Dos 132 mil inscritos no programa CNH Popular, desde 2009, cerca de 82 mil (62,2%) não conseguem se habilitar

Conduzir motocicletas em ruas e rodovias do Estado sem habilitação é prática cada vez mais comum nos municípios cearenses. Prova disso são os dados do Departamento Estadual de Trânsito do Ceará (Detran), que apontam que a frota de motocicletas no Interior é de aproximadamente 650 mil, enquanto a dos portadores da Carteira Nacional de Habilitação (CNH) na categoria A (para guiar motos) é de cerca de 450 mil. Significa dizer que cerca de 200 mil pessoas conduzem motocicletas de forma indiscriminada, sem ter passado por aulas de legislação de trânsito.

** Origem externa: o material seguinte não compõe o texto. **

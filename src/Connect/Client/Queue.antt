-- ===== src/Connect/Client/Queue.antt =====
-- The event queue of internal/connect/client.go: no worker blocks the reader, and what is lost is counted.
use mathlib.Core.Path.{subst}
use mathlib.Core.List.{append_assoc, map-append}
use go_ha.Prelude.{
  ℕ, zero, suc, ◌+◌, ◌≤◌, ◌≡◌, refl, sym, ap, ◌∙◌, none, some, List, [], ◌∷◌, ◌++◌, map, arith,
  length, length-append,
}
use go_ha.Prelude.{get_elem?, set}
use go_ha.Prelude.Table.{find}
use go_ha.Connect.Message.{Message}
use go_ha.Connect.Options.{Options}
use go_ha.Connect.Client.Steps.{Stable, Reach-Stable}
use go_ha.Connect.Client.{
  Kind, request, stream, Sent, Client, new_client, begin_on, add_subscription, undo, deliver,
  cancel_pending, Reach,
}

-- The second list is the first without `n` of its messages, in the same order.
pub data Shed : ℕ → List Message → List Message → Type 0 where
  none_yet : Shed 0 [] []
  keep :
      {n : ℕ} {xs ys : List Message} (m : Message)
      → Shed n xs ys
      → Shed n (xs ++ m ∷ []) (ys ++ m ∷ [])
  lose :
      {n : ℕ} {xs ys : List Message} (m : Message) → Shed n xs ys → Shed (n + 1) (xs ++ m ∷ []) ys

-- The events that got past the queue's capacity, oldest first.
abbrev pub accepted : Client → List Message
accepted c = map (λ t. t.msg) c.taken ++ c.events

pub record Queued (c : Client) : Type 0 where
  pub bounded : length c.events ≤ c.capacity
  pub in_order : Shed c.dropped c.arrived (accepted c)

map-set :
    {A B : Type 0} (f : A → B) (xs : List A) (j : ℕ) (v x : A)
    → get_elem? xs j ≡ some x
    → f v ≡ f x
    → map f (set xs j v) ≡ map f xs
map-set f [] j v x at e = cc
map-set f (y ∷ xs) zero v x at e = cc
map-set f (y ∷ xs) (suc j) v x at e = ap (λ r. f y ∷ r) (map-set f xs j v x at e)

undo-Queued :
    (c : Client) (s : Sent) (k : Kind)
    → c.writer ≡ some s
    → s.kind ≡ k
    → Queued c
    → Queued (undo k s.id c)
unfolding undo
undo-Queued c s request e ek v = record { bounded = v.bounded; in_order = v.in_order }
undo-Queued c s (stream i) e ek v = record { bounded = v.bounded; in_order = v.in_order }

take-Queued :
    (c : Client) (m : Message) (rest : List Message)
    → c.events ≡ m ∷ rest
    → Queued c
    → Queued (record c { events = rest; taken = c.taken ++ record { msg = m; looked = none } ∷ [] })
take-Queued c m rest e v = record {
  bounded = omega (arith, v.bounded, ap length e);
  in_order =
      subst (Shed c.dropped c.arrived)
        (sym (
          ap (λ ms. ms ++ rest)
            (map-append (λ t. t.msg) c.taken (record { msg = m; looked = none } ∷ []))
          ∙ append_assoc (map (λ t. t.msg) c.taken) (m ∷ []) rest
          ∙ ap (λ ms. map (λ t. t.msg) c.taken ++ ms) (sym e)))
        v.in_order;
}

Queued-Stable : Stable Queued
unfolding begin_on add_subscription deliver cancel_pending
Queued-Stable = record {
  no_conn = λ c who ew ec v. record { bounded = v.bounded; in_order = v.in_order };
  begun = λ c who k ew ec v. record { bounded = v.bounded; in_order = v.in_order };
  added = λ c type handler v. record { bounded = v.bounded; in_order = v.in_order };
  established = λ c k i s ew ec at ne v. record { bounded = v.bounded; in_order = v.in_order };
  sent = λ c s ew v. record { bounded = v.bounded; in_order = v.in_order };
  undone = undo-Queued;
  connected = λ c ec v. record { bounded = v.bounded; in_order = v.in_order };
  torn = λ c k ec v. record { bounded = v.bounded; in_order = v.in_order };
  delivered = λ c id who e v. record { bounded = v.bounded; in_order = v.in_order };
  queued = λ c m l v. record {
    bounded = rw (length-append c.events (m ∷ [])) (omega (arith, l));
    in_order =
        subst (Shed c.dropped (c.arrived ++ m ∷ []))
          (append_assoc (map (λ t. t.msg) c.taken) c.events (m ∷ [])) (keep m v.in_order);
  };
  shed = λ c m l v. record { bounded = v.bounded; in_order = lose m v.in_order };
  took = take-Queued;
  looked = λ c j t e v. record {
    bounded = v.bounded;
    in_order =
        rw
          (map-set (λ x. x.msg) c.taken j (record t { looked = some (find t.msg.id c.routes) }) t e
            refl)
          v.in_order;
  };
  cancelled = λ c id v. record { bounded = v.bounded; in_order = v.in_order };
}

-- On every state that the client reaches: the queue holds at most `capacity` events, and the events that
-- workers took, followed by those in the queue, are all events that arrived, in the order of arrival, but
-- for exactly as many as `dropped` counts.
pub events_in_order :
    {o : Options} {c : Client}
    → Reach o c
    → (length c.events ≤ c.capacity)
      × Shed c.dropped c.arrived (map (λ t. t.msg) c.taken ++ c.events)
unfolding new_client
events_in_order {o} r =
    let v =
      Reach-Stable Queued Queued-Stable (record { bounded = omega arith; in_order = none_yet }) r in
    (v.bounded, v.in_order)
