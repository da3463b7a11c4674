-- ===== src/Connect/Client/Routes.antt =====
-- The routes of internal/connect/send.go: every id that events are routed by is one that the current
-- connection was sent.
use mathlib.Core.Path.{subst}
use native.Mathlib.Decide.{ℕ_discrete}
use go_ha.Prelude.{
  ℕ, ◌+◌, ◌<◌, ◌≡◌, refl, sym, ap, ◌∙◌, ◌&&◌, Option, none, some, List, [], ◌∷◌, ◌++◌, arith, ◌==◌,
  if◌then◌else◌,
}
use go_ha.Prelude.{weigh}
use go_ha.Prelude.Table.{find, put, drop, find-put, find-drop, find-empty, drop-empty}
use go_ha.Connect.Options.{Options}
use go_ha.Connect.Client.Steps.{Stable, Reach-Stable}
use go_ha.Connect.Client.{
  Kind, request, stream, Sent, Client, new_client, begin_on, add_subscription, undo, deliver,
  cancel_pending, Reach,
}
use go_ha.Connect.Client.Tidiness.{in_flight, line, is_stream}

-- A message asks the given connection to stream events to subscription `i` under an id.
abbrev pub is_stream_of : ℕ → ℕ → ℕ → Sent → ℕ
is_stream_of g id i s = if s.conn == g && s.id == id && is_stream i s.kind then 1 else 0

abbrev pub handed : ℕ → ℕ → ℕ → List Sent → ℕ
handed g id i sent = weigh (is_stream_of g id i) sent

-- What holds of the connection, its generation, the routes and the line.
pub record Routed (g : ℕ) (conn : Option ℕ) (routes : List (ℕ × ℕ)) (sent : List Sent)
    : Type 0 where
  pub current : (k : ℕ) → conn ≡ some k → k ≡ g
  pub off : conn ≡ none → routes ≡ []
  pub sent_to : (id i : ℕ) → find id routes ≡ some i → 0 < handed g id i sent

abbrev IsRouted : Client → Type 0
IsRouted c = Routed c.gen c.conn c.routes (line c)

nowhere : (id i : ℕ) {routes : List (ℕ × ℕ)} → routes ≡ [] → find id routes ≡ some i → ⊥
nowhere id i e h = let clash : none ≡ some i = sym (find-empty id) ∙ sym (ap (find id) e) ∙ h in cc

module _ {g : ℕ} {conn : Option ℕ} {routes : List (ℕ × ℕ)} {sent : List Sent}
    (v : Routed g conn routes sent) where
  more-Routed : (s : Sent) → Routed g conn routes (s ∷ sent)
  more-Routed s = record {
    current = v.current;
    off = v.off;
    sent_to = λ id i e. omega (arith, v.sent_to id i e);
  }

  stream-Routed :
      (k n i : ℕ)
      → conn ≡ some k
      → Routed g conn (put n i routes) (record { conn = k; id = n; kind = stream i } ∷ sent)
  stream-Routed k n i e = record {
    current = v.current;
    off = λ h. cc;
    sent_to = λ id j h. elim (ℕ_discrete n id) [
      | yes p ↦ ground (arith, p, h, find-put n id i routes, v.current k e)
      | no p ↦ ground (arith, p, h, find-put n id i routes, v.sent_to id j)
    ];
  }

  connect-Routed : conn ≡ none → Routed (g + 1) (some (g + 1)) routes sent
  connect-Routed e = record {
    current = λ k h. cc;
    off = λ h. cc;
    sent_to = λ id i h. absurd (nowhere id i (v.off e) h);
  }

tear-Routed :
    {g : ℕ} {conn : Option ℕ} {routes : List (ℕ × ℕ)} {sent : List Sent}
    → Routed g conn routes sent
    → Routed g none [] sent
tear-Routed v = record {
  current = λ k h. cc;
  off = λ h. refl;
  sent_to = λ id i h. absurd (nowhere id i refl h);
}

module _ {g : ℕ} {conn : Option ℕ} {routes : List (ℕ × ℕ)} {rest : List Sent} (s : Sent)
    (v : Routed g conn routes (s ∷ rest)) where
  lose-Routed : s.kind ≡ request → Routed g conn routes rest
  lose-Routed e = record {
    current = v.current;
    off = v.off;
    sent_to = λ id i h. ground (arith, v.sent_to id i h, ap (is_stream i) e);
  }

  forget-Routed : Routed g conn (drop s.id routes) rest
  forget-Routed = record {
    current = v.current;
    off = λ h. ap (drop s.id) (v.off h) ∙ drop-empty s.id;
    sent_to = λ id i h. elim (ℕ_discrete s.id id) [
      | yes p ↦ ground (arith, p, h, find-drop s.id id routes)
      | no p ↦ ground (arith, p, h, find-drop s.id id routes, v.sent_to id i)
    ];
  }

idle : (c : Client) → c.writer ≡ none → IsRouted c → Routed c.gen c.conn c.routes c.wire
idle c e v = subst (λ w. Routed c.gen c.conn c.routes (in_flight w ++ c.wire)) e v

busy :
    (c : Client) (s : Sent)
    → c.writer ≡ some s
    → IsRouted c
    → Routed c.gen c.conn c.routes (s ∷ c.wire)
busy c s e v = subst (λ w. Routed c.gen c.conn c.routes (in_flight w ++ c.wire)) e v

undo-IsRouted :
    (c : Client) (s : Sent) (k : Kind)
    → c.writer ≡ some s
    → s.kind ≡ k
    → IsRouted c
    → IsRouted (undo k s.id c)
unfolding undo
undo-IsRouted c s request e ek v = lose-Routed s (busy c s e v) ek
undo-IsRouted c s (stream i) e ek v = forget-Routed s (busy c s e v)

IsRouted-Stable : Stable IsRouted
unfolding begin_on add_subscription deliver cancel_pending
IsRouted-Stable = record {
  no_conn = λ c who ew ec v. v;
  begun = λ c who k ew ec v. more-Routed (idle c ew v) _;
  added = λ c type handler v. v;
  established = λ c k i s ew ec at ne v. stream-Routed (idle c ew v) k (c.next_id + 1) i ec;
  sent = λ c s ew v. busy c s ew v;
  undone = undo-IsRouted;
  connected = λ c ec v. connect-Routed v ec;
  torn = λ c k ec v. tear-Routed v;
  delivered = λ c id who e v. v;
  queued = λ c m l v. v;
  shed = λ c m l v. v;
  took = λ c m rest e v. v;
  looked = λ c j t e v. v;
  cancelled = λ c id v. v;
}

Reach-IsRouted : {o : Options} {c : Client} → Reach o c → IsRouted c
unfolding new_client
Reach-IsRouted {o} r = Reach-Stable IsRouted IsRouted-Stable routed r
  where
    routed : IsRouted (new_client o)
    routed = record {
      current = λ k h. cc;
      off = λ h. refl;
      sent_to = λ id i h. absurd (nowhere id i refl h);
    }

-- On every state that the client reaches: where the id of an event is routed to a subscription, the
-- request for that subscription's stream was sent under this id on the current connection, which is there.
-- An event that names an id of an earlier connection thus reaches no handler of that connection.
pub route_current :
    {o : Options} {c : Client} (id i : ℕ)
    → Reach o c
    → find id c.routes ≡ some i
    → (c.conn ≡ some c.gen) × (0 < handed c.gen id i (line c))
route_current {c = c} id i r h = (there c.conn refl, (Reach-IsRouted r).sent_to id i h)
  where
    there : (x : Option ℕ) → c.conn ≡ x → c.conn ≡ some c.gen
    there none e = absurd (nowhere id i ((Reach-IsRouted r).off e) h)
    there (some k) e = e ∙ ap some ((Reach-IsRouted r).current k e)
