-- ===== src/Connect/Client/Tests.antt =====
-- A run of the client of internal/connect: a subscription over two connections, and a request.
use mathlib.Core.Path.{subst}
use go_ha.Prelude.{
  ℕ, arith, ◌+◌, ◌≤◌, ◌<◌, ◌≡◌, refl, ap, true, Option, none, some, List, [], ◌∷◌, ◌++◌, map,
  length,
}
use go_ha.Prelude.Table.{find, put, drop}
use go_ha.Connect.Message.{Message}
use go_ha.Connect.Options.{default_options, with_defaults}
use go_ha.Connect.Client.{
  resubscribe, Client, caller, new_client, dispatch, add_subscription, establish, establish_sub,
  written, set_conn, teardown, deliver, route, take, look_up, Action, sends, subscribes,
  establishes, writes, connects, tears, receives, takes, looks, step, Reach, start, later,
}
use go_ha.Connect.Client.Tidiness.{Falling, streams, line}
use go_ha.Connect.Client.Wire.{ids_rise, stream_once}
use go_ha.Connect.Client.Answers.{Settled, answered_once}
use go_ha.Connect.Client.Routes.{handed, route_current}
use go_ha.Connect.Client.Established.{resubscribe-streams}
use go_ha.Connect.Client.Queue.{Shed, events_in_order}

abbrev run_on : Option Client → List Action → Option Client
run_on none actions = none
run_on (some c) [] = some c
run_on (some c) (a ∷ rest) = run_on (step c a) rest

abbrev state_of : Option Client → Client
state_of none = new_client default_options
state_of (some c) = c

run_on-Reach :
    (c d : Client) (actions : List Action)
    → Reach default_options c
    → run_on (some c) actions ≡ some d
    → Reach default_options d
run_on-Reach c d [] r e = subst (Reach default_options) (ap state_of e) r
run_on-Reach c d (a ∷ rest) r e = go (step c a) refl e (λ x q. run_on-Reach x d rest (later a r q))
  where
    go :
        (x : Option Client)
        → step c a ≡ x
        → run_on x rest ≡ some d
        → ((y : Client)
            → step c a ≡ some y
            → run_on (some y) rest ≡ some d
            → Reach default_options d)
        → Reach default_options d
    go none q h k = cc
    go (some x) q h k = k x q h

abbrev event : Message
event = record { id = 1; type = "event"; success = true; raw = "{}"; error = none }

abbrev result : Message
result = record { id = 2; type = "result"; success = true; raw = "{}"; error = none }

abbrev actions : List Action
actions =
    subscribes "state_changed" 7
    ∷ connects
    ∷ establishes 0
    ∷ writes true
    ∷ receives event
    ∷ takes
    ∷ looks 0
    ∷ sends (caller 3)
    ∷ writes true
    ∷ receives result
    ∷ tears
    ∷ connects
    ∷ establishes 0
    ∷ writes true
    ∷ receives event
    ∷ []

abbrev reached : Client
reached = state_of (run_on (some (new_client default_options)) actions)

reached-Reach : Reach default_options reached
unfolding step new_client dispatch add_subscription establish establish_sub written set_conn
    teardown deliver route take look_up with_defaults default_options find put drop
reached-Reach = run_on-Reach (new_client default_options) reached actions start refl

ids_rise_example : Falling reached.gen (reached.next_id + 1) (line reached)
ids_rise_example = ids_rise reached-Reach

stream_once_example : streams 3 0 (line reached) ≤ 1
stream_once_example = stream_once reached-Reach 3 0

answered_once_example : Settled reached.next_id reached.pending reached.answers
answered_once_example = answered_once reached-Reach

route_current_example :
    (reached.conn ≡ some reached.gen) × (0 < handed reached.gen 3 0 (line reached))
unfolding step new_client dispatch add_subscription establish establish_sub written set_conn
    teardown deliver route take look_up with_defaults default_options find put drop
route_current_example = route_current 3 0 reached-Reach refl

events_in_order_example :
    (length reached.events ≤ reached.capacity)
    × Shed reached.dropped reached.arrived (map (λ t. t.msg) reached.taken ++ reached.events)
events_in_order_example = events_in_order reached-Reach

abbrev connected : Client
connected = state_of (
    run_on (some (new_client default_options))
      (subscribes "state_changed" 7 ∷ subscribes "" 8 ∷ connects ∷ []))

connected-Reach : Reach default_options connected
unfolding step new_client add_subscription set_conn with_defaults default_options
connected-Reach =
    run_on-Reach (new_client default_options) connected
      (subscribes "state_changed" 7 ∷ subscribes "" 8 ∷ connects ∷ []) start refl

resubscribe-streams_example :
    (d : Client) × (resubscribe 2 connected ≡ some d) × ((i : ℕ) → i < 2 → streams 2 i (line d) ≡ 1)
unfolding step new_client add_subscription set_conn with_defaults default_options
resubscribe-streams_example = resubscribe-streams 2 connected-Reach refl refl (omega arith)
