-- ===== src/Json.antt =====
-- What Go code keeps in a `map[string]any`: the tree that encoding/json writes and reads. A number is
-- held by its bits, since nothing here computes with it. A nil map and an empty map differ.
use go_ha.Prelude.{ℕ, String, str_eq, Bool, Option, none, some, if◌then◌else◌}

mutual
  pub data Any : Type 0 where
    text : String → Any
    flag : Bool → Any
    integer : ℕ → Any
    float : ℕ → Any
    null : Any
    object : Fields → Any

  -- The entries of a map.
  pub data Fields : Type 0 where
    empty : Fields
    field : String → Any → Fields → Fields

-- A `map[string]any`, which may be nil.
abbrev pub Data : Type 0
Data = Option Fields

-- `m[key]`.
unfoldable pub member : String → Fields → Option Any
member key empty = none
member key (field k value rest) = if str_eq k key then some value else member key rest

-- `v.(string)`, and the empty string where it is something else.
abbrev pub as_text : Option Any → String
as_text none = ""
as_text (some (text s)) = s
as_text (some (flag b)) = ""
as_text (some (integer n)) = ""
as_text (some (float n)) = ""
as_text (some null) = ""
as_text (some (object fields)) = ""

-- `v.(map[string]any)`, and nil where it is something else.
abbrev pub as_data : Option Any → Data
as_data none = none
as_data (some (text s)) = none
as_data (some (flag b)) = none
as_data (some (integer n)) = none
as_data (some (float n)) = none
as_data (some null) = none
as_data (some (object fields)) = some fields

-- A field marked `omitempty` that holds a map.
abbrev pub omit_empty : String → Data → Fields → Fields
omit_empty key none rest = rest
omit_empty key (some empty) rest = rest
omit_empty key (some (field k value more)) rest = field key (object (field k value more)) rest

-- What encoding/json writes and reads back as a `map[string]any`: every number becomes a float64. The
-- bits of the float64 nearest to an integer are an argument.
unfoldable mutual
  pub decoded : (ℕ → ℕ) → Any → Any
  decoded to_float (text s) = text s
  decoded to_float (flag b) = flag b
  decoded to_float (integer n) = float (to_float n)
  decoded to_float (float bits) = float bits
  decoded to_float null = null
  decoded to_float (object fields) = object (decoded_fields to_float fields)

  pub decoded_fields : (ℕ → ℕ) → Fields → Fields
  decoded_fields to_float empty = empty
  decoded_fields to_float (field key value rest) =
      field key (decoded to_float value) (decoded_fields to_float rest)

Com intuito de regularizar esse público, que insiste em circular de forma irregular, aumentando os índices de acidentes e, pior, pondo em risco a sua vida e a de terceiros, o Governo do Estado, através do Detran, aderiu, em 2009, ao Programa CNH Popular, que fornece carteira de habilitação grátis para população baixa renda. Três anos após a implantação da iniciativa, observa-se que o governo tem dificuldade de atingir a sua meta: sanar o índice de condutores de motocicletas não habilitados.

Reprovação

Dos 132 mil inscritos na CNH Popular desde que o programa chegou a Fortaleza, 50 mil foram habilitados (37,8%) na categoria A. Por uma série de motivos, grande parte fica no meio do caminho. O índice de reprovação é alto, chega a 62,2%. Enquanto os que entram no processo pelo trâmite normal, pagando, varia de 35% a 40%.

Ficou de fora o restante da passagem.